Task requirements>
Look through the data below, and copy each line that carries the word "Alex".

Data extracts>

----

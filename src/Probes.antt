-- ===== src/Probes.antt =====
-- zentral/core/probes: the tests that decide which events and machines a probe is about.
pub mod Attributes
pub mod Payload
pub mod Filters
pub mod Serializers
pub mod Probe
mod Examples
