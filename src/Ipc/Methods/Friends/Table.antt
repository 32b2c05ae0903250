-- ===== src/Ipc/Methods/Friends/Table.antt =====
-- internal/ipc/methods.go under internal/ipc/server.go: the daemon's own methods answer through the
-- server only.
use open_friend_mc.Prelude.{
  ℕ, ◌≡◌, refl, sym, ap, ◌∙◌, true, false, ◌||◌, List, [], ◌∷◌, ◌++◌, append-nil, map, Option, none,
  some, String, ◌==◌, comparable_string, comparable_nat, if◌then◌else◌, if_lem, Result, ok, err,
  Bytes, is_empty, All, ◌⊎◌, inl, inr,
}
use open_friend_mc.Prelude.Json.{Json}
use open_friend_mc.Prelude.Assoc.{insert}
use open_friend_mc.Auth.Net.{Tokens}
use open_friend_mc.Auth.Session.{
  Session, SessionError, current_tokens, auth_error, not_authenticated, panics, polling,
}
use open_friend_mc.Auth.Session.Returning.{PollsEnd, HasReturned, authenticate-HasReturned}
use open_friend_mc.Api.Dtos.{FriendsListResponse, nil_uuid}
use open_friend_mc.Api.Friends.{Friends}
use open_friend_mc.Ipc.Blocklist.{Blocklist, BlocklistError}
use open_friend_mc.Ipc.Server.{
  Request, Message, notify, Writer, write, Called, RpcFailure, MethodFunc, register,
}
use open_friend_mc.Ipc.Server.Answers.{
  Returns, answers, answers-append, Answered, IsQuiet, AllQuiet, HasId, serve, serve-answers,
}
use open_friend_mc.Ipc.Methods.{
  Env, Handlers, MojangParams, FriendAction, status_of, not_signed_in, signed_in, auth_sign_in,
  use_session, with_id, with_params, no_params, auth_use_mojang_session, auth_sign_out, can_remove,
  version_method, auth_status, quit_method, require_auth, follow_hint,
}
use open_friend_mc.Ipc.Methods.Friends.{
  listed, blocks_of, list_answer, list_if, friends_list, put_answer, act, act_if, friends_add,
  friends_remove, friends_accept, friends_decline, blocks_list, saved, block, unblock, blocks_add,
  blocks_remove, method_table,
}

module _ {W : Type 0} (env : Env W) (all_marshal : (m : Message) → env.marshals m ≡ true) where
  -- A method's writer is left as it was, or has a notification more.
  abbrev Told : Writer → (Handlers W × Writer) × Called → Type 0
  Told w o =
      ((o.0.1 ≡ w)
        ⊎ ((name : String) × ((params : Json) × (o.0.1
                ≡ write env.marshals (notify name params) w))))
      × Returns o.1

  Told-Answered :
      (h : Handlers W) (w : Writer) (o : (Handlers W × Writer) × Called)
      → w.refused ≡ false
      → Told w o
      → Answered {A = Handlers W} env.marshals all_marshal (h, w) o.0 []
  unfolding write answers
  Told-Answered h w o taken (inl same, back) = record {
    told = ap (λ (v : Writer). answers v.sent) same ∙ sym (append-nil (answers w.sent));
    taken = ap (λ (v : Writer). v.refused) same ∙ taken;
  }
  Told-Answered h w o taken (inr (name, (params, same)), back) = record {
    told =
        ap (λ (v : Writer). answers v.sent) same
        ∙ simp (all_marshal (notify name params), taken)
            (answers-append w.sent (notify name params ∷ []));
    taken =
        ap (λ (v : Writer). v.refused) same ∙ simp (all_marshal (notify name params), taken) refl;
  }

  abbrev Tells : MethodFunc (Handlers W) → Type 0
  Tells fn = (raw : Bytes) (h : Handlers W) (w : Writer) → Told w (fn raw (h, w))

  Tells-IsQuiet :
      (fn : MethodFunc (Handlers W))
      → Tells fn
      → IsQuiet {A = Handlers W} env.marshals all_marshal fn
  Tells-IsQuiet fn tells raw (h, w) taken =
      (Told-Answered h w (fn raw (h, w)) taken (tells raw h w), (tells raw h w).1)

  signed_in-Told :
      (h : Handlers W) (w : Writer) (o : Session W × Result SessionError Tokens)
      → HasReturned o.1
      → Told w (signed_in env h w o)
  unfolding signed_in not_signed_in
  signed_in-Told h w (session, err polling) back = absurd back
  signed_in-Told h w (session, err (auth_error e)) back = (inl refl, tt)
  signed_in-Told h w (session, err not_authenticated) back = (inl refl, tt)
  signed_in-Told h w (session, err panics) back = (inl refl, tt)
  signed_in-Told h w (session, ok t) back = (inr (_, (_, refl)), tt)

  auth_sign_in-Tells : PollsEnd env.net env.fuel → Tells (auth_sign_in env)
  unfolding auth_sign_in
  auth_sign_in-Tells ends raw h w =
      if_lem (Told w) _ _ h.auth_run (λ e. (inl refl, tt))
        (λ e.
          signed_in-Told (follow_hint env raw (record h { auth_run = true })) w _
            (authenticate-HasReturned env.net env.print env.codec env.path env.fuel ends _))

  with_id-Told :
      (p : MojangParams) (o : Option ℕ) (h : Handlers W) (w : Writer)
      → Told w (with_id env p o (h, w))
  unfolding with_id use_session
  with_id-Told p none h w = (inl refl, tt)
  with_id-Told p (some id) h w = (inr (_, (_, refl)), tt)

  with_params-Told :
      (o : Option MojangParams) (h : Handlers W) (w : Writer) → Told w (with_params env o (h, w))
  unfolding with_params
  with_params-Told none h w = (inl refl, tt)
  with_params-Told (some p) h w =
      if_lem (Told w) _ _ ((p.access_token == "") || (p.profile_id == "")) (λ e. (inl refl, tt))
        (λ e. with_id-Told p (env.parse_uuid p.profile_id) h w)

  auth_use_mojang_session-Tells : Tells (auth_use_mojang_session env)
  unfolding auth_use_mojang_session
  auth_use_mojang_session-Tells raw h w =
      with_params-Told (if is_empty raw then some no_params else env.decode_mojang raw) h w

  auth_sign_out-Tells : Tells (auth_sign_out env)
  unfolding auth_sign_out
  auth_sign_out-Tells raw h w =
      if_lem (Told w) _ _ (can_remove h.auth_path h.session.disk) (λ e. (inl refl, tt))
        (λ e. (inl refl, tt))

  listed-Returns :
      (b : Option Blocklist) (o : Option FriendsListResponse) → Returns (listed env b o)
  unfolding listed
  listed-Returns b none = tt
  listed-Returns b (some resp) = tt

  blocks_of-Returns :
      (as_text : Bytes → Json) (b : Option Blocklist) → Returns (blocks_of env as_text b)
  unfolding blocks_of
  blocks_of-Returns as_text none = tt
  blocks_of-Returns as_text (some b) = tt

  status_of-Returns : (o : Option Tokens) → Returns (status_of env o)
  unfolding status_of
  status_of-Returns none = tt
  status_of-Returns (some t) = if_lem Returns _ _ (t.profile_id == nil_uuid) (λ e. tt) (λ e. tt)

  list_answer-Told : (h : Handlers W) (w : Writer) (o : Friends) → Told w (list_answer env h w o)
  unfolding list_answer
  list_answer-Told h w (c, err e) = (inl refl, tt)
  list_answer-Told h w (c, ok resp) = (inl refl, listed-Returns h.blocklist resp)

  list_if-Told : (w : Writer) (o : Handlers W × Option RpcFailure) → Told w (list_if env w o)
  unfolding list_if
  list_if-Told w (h, some e) = (inl refl, tt)
  list_if-Told w (h, none) = list_answer-Told h w _

  friends_list-Tells : Tells (friends_list env)
  unfolding friends_list
  friends_list-Tells raw h w = list_if-Told w (require_auth env h)

  put_answer-Told : (h : Handlers W) (w : Writer) (o : Friends) → Told w (put_answer env h w o)
  unfolding put_answer
  put_answer-Told h w (c, err e) = (inl refl, tt)
  put_answer-Told h w (c, ok resp) = (inl refl, tt)

  act_if-Told :
      (w : Writer) (action : Result RpcFailure FriendAction) (o : Handlers W × Option RpcFailure)
      → Told w (act_if env w action o)
  unfolding act_if act
  act_if-Told w action (h, some e) = (inl refl, tt)
  act_if-Told w (err e) (h, none) = (inl refl, tt)
  act_if-Told w (ok action) (h, none) =
      put_answer-Told (record h { actions = h.actions ++ action ∷ [] }) w _

  friends_add-Tells : Tells (friends_add env)
  unfolding friends_add
  friends_add-Tells raw h w = act_if-Told w _ (require_auth env h)

  friends_remove-Tells : Tells (friends_remove env)
  unfolding friends_remove
  friends_remove-Tells raw h w = act_if-Told w _ (require_auth env h)

  saved-Told :
      (h : Handlers W) (w : Writer) (o : Blocklist × Result BlocklistError (Unit {0}))
      → Told w (saved env h w o)
  unfolding saved
  saved-Told h w (b, ok u) = (inl refl, tt)
  saved-Told h w (b, err e) = (inl refl, tt)

  block-Told :
      (h : Handlers W) (w : Writer) (name : String) (b : Option Blocklist)
      (id : Result RpcFailure ℕ)
      → Told w (block env h w name b id)
  unfolding block
  block-Told h w name none id = (inl refl, tt)
  block-Told h w name (some b) (err e) = (inl refl, tt)
  block-Told h w name (some b) (ok id) = saved-Told h w _

  unblock-Told :
      (h : Handlers W) (w : Writer) (b : Option Blocklist) (id : Result RpcFailure ℕ)
      → Told w (unblock env h w b id)
  unfolding unblock
  unblock-Told h w none id = (inl refl, tt)
  unblock-Told h w (some b) (err e) = (inl refl, tt)
  unblock-Told h w (some b) (ok id) = saved-Told h w _

  insert-AllQuiet :
      (name : String) (fn : MethodFunc (Handlers W))
      (methods : List (String × MethodFunc (Handlers W)))
      → Tells fn
      → AllQuiet {A = Handlers W} env.marshals all_marshal methods
      → AllQuiet {A = Handlers W} env.marshals all_marshal (insert name fn methods)
  unfolding insert
  insert-AllQuiet name fn [] tells quiet = (Tells-IsQuiet fn tells, tt)
  insert-AllQuiet name fn ((other, held) ∷ methods) tells (one, quiet) =
      if_lem (AllQuiet {A = Handlers W} env.marshals all_marshal) _ _ (other == name)
        (λ e. (Tells-IsQuiet fn tells, quiet))
        (λ e. (one, insert-AllQuiet name fn methods tells quiet))

  method_table-AllQuiet :
      (as_text : Bytes → Json)
      → PollsEnd env.net env.fuel
      → AllQuiet {A = Handlers W} env.marshals all_marshal (method_table env as_text)
  unfolding method_table register friends_accept friends_decline blocks_add blocks_remove
      blocks_list version_method auth_status quit_method
  method_table-AllQuiet as_text ends =
      insert-AllQuiet _ _ _ (λ raw h w. (inl refl, tt))
        (insert-AllQuiet _ _ _ (λ raw h w. unblock-Told h w h.blocklist _)
          (insert-AllQuiet _ _ _ (λ raw h w. block-Told h w _ h.blocklist _)
            (insert-AllQuiet _ _ _ (λ raw h w. (inl refl, blocks_of-Returns as_text h.blocklist))
              (insert-AllQuiet _ _ _ friends_remove-Tells (
                insert-AllQuiet _ _ _ friends_add-Tells (
                  insert-AllQuiet _ _ _ friends_remove-Tells (
                    insert-AllQuiet _ _ _ friends_add-Tells (
                      insert-AllQuiet _ _ _ friends_list-Tells (
                        insert-AllQuiet _ _ _ auth_use_mojang_session-Tells (
                          insert-AllQuiet _ _ _ auth_sign_out-Tells (
                            insert-AllQuiet _ _ _ (auth_sign_in-Tells ends) (
                              insert-AllQuiet _ _ _
                                (λ raw h w.
                                  (inl refl, status_of-Returns (current_tokens h.session)))
                                (insert-AllQuiet _ _ _ (λ raw h w. (inl refl, tt)) (tt))))))))))))))

  -- With the table of the authentication, friends and block methods, where all messages can be written,
  -- the stream takes them and the polls of a sign-in end with the fuel given: requests with ids that are
  -- dispatched one at a time, each when the one before is done, get one answer each, with their ids, in
  -- the order in which they are dispatched, whatever their methods and parameters.
  pub method_table-serve :
      (as_text : Bytes → Json) (reqs : List Request) (h : Handlers W) (w : Writer)
      → PollsEnd env.net env.fuel
      → All HasId reqs
      → w.refused ≡ false
      → answers (serve env.marshals all_marshal (method_table env as_text) reqs (h, w)).1.sent
        ≡ answers w.sent ++ map (λ r. r.id) reqs
  method_table-serve as_text reqs h w ends ids taken =
      serve-answers env.marshals all_marshal (method_table env as_text) reqs (h, w)
        (method_table-AllQuiet as_text ends) ids taken
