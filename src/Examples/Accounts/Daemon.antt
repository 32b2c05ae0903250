-- ===== src/Examples/Accounts/Daemon.antt =====
-- The methods of the daemon, its server and the blocklist at concrete inputs.
use open_friend_mc.Prelude.{
  Bool, ltb, ℕ, ◌≡◌, refl, sym, ap, ◌∙◌, true, false, List, [], ◌∷◌, ◌++◌, Option, none, some,
  some_inj, String, Bytes, codes, ok, map, if◌then◌else◌, ◌==◌, comparable_nat, comparable_string,
}
use open_friend_mc.Prelude.Text.{comparable_text, same_text}
use open_friend_mc.Prelude.Assoc.{lookup, insert}
use open_friend_mc.Prelude.Json.{text, at, text_at, number_at}
use open_friend_mc.Api.Client.{Client, failed, add_duration}
use open_friend_mc.Auth.Net.{post_form}
use open_friend_mc.Auth.Mojang.{silent_refresh, exchange_for_mojang, xbox_live, xsts, fetch_profile}
use open_friend_mc.Auth.DeviceCode.{
  refresh_ms_token, poll_for_ms_token, poll_loop, poll_round, poll_reply, poll_answer, poll_request,
}
use open_friend_mc.Auth.Session.Returning.{PollsEnd}
use open_friend_mc.Util.{parse_undashed}
use open_friend_mc.Auth.Store.{load}
use open_friend_mc.Auth.Session.{Session, current_profile_id, no_tokens, new_session}
use open_friend_mc.Ipc.Blocklist.{Blocklist, RowCodec, Row, load_blocklist, add, save_blocklist}
use open_friend_mc.Ipc.Blocklist.Saving.{add-load}
use open_friend_mc.Ipc.Server.{Request, Message, Writer}
use open_friend_mc.Ipc.Server.Answers.{answers, serve}
use open_friend_mc.Ipc.Methods.{
  Env, Handlers, MojangParams, auth_sign_in, auth_sign_out, auth_use_mojang_session, require_auth,
  ok_true,
}
use open_friend_mc.Ipc.Methods.Accounts.{
  IsForgotten, auth_sign_in-cold, require_auth-auth_sign_out, auth_use_mojang_session-switch,
}
use open_friend_mc.Ipc.Methods.Friends.{method_table}
use open_friend_mc.Ipc.Methods.Friends.Table.{method_table-serve}
use open_friend_mc.Examples.Codec.{decode, decode-codes, codec, codec-IsInverse, codec-IsTotal}
use open_friend_mc.Examples.Accounts.{
  path, good_net, net_of, all_fields, empty_disk-Works, first_start, first_tokens, old_session,
  later_tokens, print_number,
}

-- Rows of one id and no name.
rows : RowCodec
rows = record {
  marshal = λ written. none;
  unmarshal = λ raw. none;
  parse = λ id. some 0;
  print = λ id. [];
}

launcher : MojangParams
launcher = record { access_token = "launcher"; profile_id = "8"; name = "Steve"; ttl_seconds = 0 }

env : Env ℕ
unfolding rows launcher
env = record {
  net = good_net;
  print = print_number;
  codec = codec;
  path = path;
  fuel = 3;
  rows = rows;
  marshals = λ m. true;
  version = "1.0.0";
  decode_hint = λ raw. some "9";
  decode_mojang = λ raw. some launcher;
  decode_id = λ raw. none;
  parse_uuid = λ id. if id == "8" then some 8 else some 9;
  print_uuid = λ id. "uuid";
  format_time = λ t. "time";
  session_text = λ e. "error";
  api_text = λ e. "error";
  lower_body = λ e. [];
  blocklist_text = λ e. "error";
  cache_writable = true;
  get_answers = (failed, failed);
  put_answers = λ action. (failed, failed);
}

client : Client
client = record {
  presence_etag = "p";
  friends_etag = "f";
  presence_cache = none;
  friends_cache = none;
  presence_cooldown_end = 0;
  friends_cooldown_end = 0;
  cache_dir = "dir";
  disk = none;
  refreshes = 0;
  requests = 0;
}

handlers : Session ℕ → Handlers ℕ
handlers session = record {
  session = session;
  client = client;
  has_client = true;
  auth_path = path;
  blocklist = none;
  auth_run = false;
  actions = [];
  quitting = 0;
}

writer : Writer
writer = record { sent = []; refused = false }

hint_ignored :
    auth_sign_in env (codes "{}") (handlers first_start, writer)
    ≡ auth_sign_in env [] (handlers first_start, writer)
unfolding handlers first_start new_session
hint_ignored = auth_sign_in-cold env (codes "{}") (handlers first_start) writer refl

refreshed_old :
    silent_refresh good_net print_number "again" 90000000000000
    ≡ (90000000000005, ok (later_tokens 176400000000005))
unfolding silent_refresh exchange_for_mojang good_net net_of all_fields at text_at number_at
    post_form xbox_live xsts fetch_profile parse_undashed later_tokens refresh_ms_token
refreshed_old = refl

-- The session with its file on the disk.
saved_session : Session ℕ
unfolding old_session first_tokens
saved_session = record old_session {
  disk = record {
    files = (path, codes "saved") ∷ [];
    readable = true;
    has_dir = true;
    writable = true;
    removable = true;
  };
}

saved_again :
    let said = auth_sign_out env [] (handlers saved_session, writer) in
    let later = (require_auth env said.0.0).0 in
    (said.1 ≡ ok_true)
    × (lookup path said.0.0.session.disk.files ≡ none)
    × (load codec path later.session.disk
        ≡ (later.session.disk, ok (some (later_tokens 176400000000005))))
unfolding handlers saved_session old_session first_tokens env good_net net_of insert lookup path
    same_text
saved_again =
    require_auth-auth_sign_out env [] (handlers saved_session) writer first_tokens
      (later_tokens 176400000000005) 90000000000005 codec-IsInverse codec-IsTotal
      (record { readable = refl; has_dir = refl; writable = refl }) refl refl refl refreshed_old

switched :
    let after = (auth_use_mojang_session env (codes "{}") (handlers old_session, writer)).0.0 in
    (current_profile_id after.session ≡ 8)
    × (IsForgotten after.client
        × (load codec path after.session.disk ≡ (after.session.disk, ok (some no_tokens))))
unfolding handlers old_session first_tokens env launcher path current_profile_id
switched =
    auth_use_mojang_session-switch env (codes "{}") (handlers old_session) writer launcher 8
      codec-IsInverse codec-IsTotal empty_disk-Works refl refl refl refl refl refl refl refl refl

request : Bytes → String → Request
request id method = record { jsonrpc = "2.0"; id = some id; method = method; params = [] }

three_requests : List Request
unfolding request
three_requests =
    request (codes "1") "version"
    ∷ request (codes "2") "nothing"
    ∷ request (codes "3") "auth.signOut"
    ∷ []

env_marshals : (m : Message) → env.marshals m ≡ true
unfolding env
env_marshals m = refl

either_some :
    {A : Type 0} (b : Bool) (x y : A)
    → (r : A) × ((elim b [ false ↦ some x | true ↦ some y ]) ≡ some r)
either_some false x y = (x, refl)
either_some true x y = (y, refl)

-- The server gives the tokens at the first poll.
env-PollsEnd : PollsEnd env.net env.fuel
unfolding env good_net net_of all_fields poll_for_ms_token poll_loop poll_round poll_reply
    poll_answer poll_request post_form
env-PollsEnd prompt w = either_some (ltb w (add_duration w prompt.expires_in)) _ _

all_answered :
    answers
      (serve env.marshals env_marshals
        (method_table env (λ id. text "uuid"))
        three_requests
        (handlers old_session, writer)).1.sent
    ≡ answers writer.sent ++ map (λ r. r.id) three_requests
unfolding three_requests request writer env
all_answered =
    method_table-serve env env_marshals (λ id. text "uuid") three_requests (handlers old_session)
      writer env-PollsEnd ((codes "1", refl), ((codes "2", refl), ((codes "3", refl), tt))) refl

-- A codec for lists of at most one row.
write_rows : List Row → Option Bytes
write_rows [] = some []
write_rows (((id ∷ []), name) ∷ []) = some (id ∷ codes name)
write_rows (((id ∷ more), name) ∷ []) = none
write_rows (([], name) ∷ []) = none
write_rows (row ∷ next ∷ others) = none

read_rows : Bytes → Option (List Row)
read_rows [] = some []
read_rows (id ∷ name) = some ((id ∷ [], decode name) ∷ [])

read_rows-write_rows :
    (written : List Row) (raw : Bytes)
    → write_rows written ≡ some raw
    → read_rows raw ≡ some written
unfolding write_rows read_rows
read_rows-write_rows [] raw e = ap read_rows (sym (some_inj e))
read_rows-write_rows (((id ∷ []), name) ∷ []) raw e =
    ap read_rows (sym (some_inj e)) ∙ ap (λ t. some ((id ∷ [], t) ∷ [])) (decode-codes name)
read_rows-write_rows (((id ∷ x ∷ more), name) ∷ []) raw e = cc
read_rows-write_rows (([], name) ∷ []) raw e = cc
read_rows-write_rows (row ∷ next ∷ others) raw e = cc

parse_id : Bytes → Option ℕ
parse_id [] = none
parse_id (id ∷ more) = some id

abbrev row_codec : RowCodec
row_codec = record {
  marshal = write_rows;
  unmarshal = read_rows;
  parse = parse_id;
  print = λ id. id ∷ [];
}

abbrev nobody : Blocklist
nobody = record { ids = []; file = record { contents = none; may_read = true; may_write = true } }

parsed_back : (id : ℕ) → row_codec.parse (row_codec.print id) ≡ some id
unfolding parse_id
parsed_back id = refl

blocked_kept :
    (after : Blocklist) × ((load_blocklist row_codec (add row_codec 7 "Alex" nobody).0.file
        ≡ ok after)
      × ((j : ℕ) → lookup j after.ids ≡ (if 7 == j then some "Alex" else lookup j [])))
unfolding add save_blocklist insert write_rows
blocked_kept = add-load row_codec parsed_back read_rows-write_rows 7 "Alex" nobody tt refl refl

----

Task response>
    (after : Blocklist) × ((load_blocklist row_codec (add row_codec 7 "Alex" nobody).0.file
      × ((j : ℕ) → lookup j after.ids ≡ (if 7 == j then some "Alex" else lookup j [])))
blocked_kept = add-load row_codec parsed_back read_rows-write_rows 7 "Alex" nobody tt refl refl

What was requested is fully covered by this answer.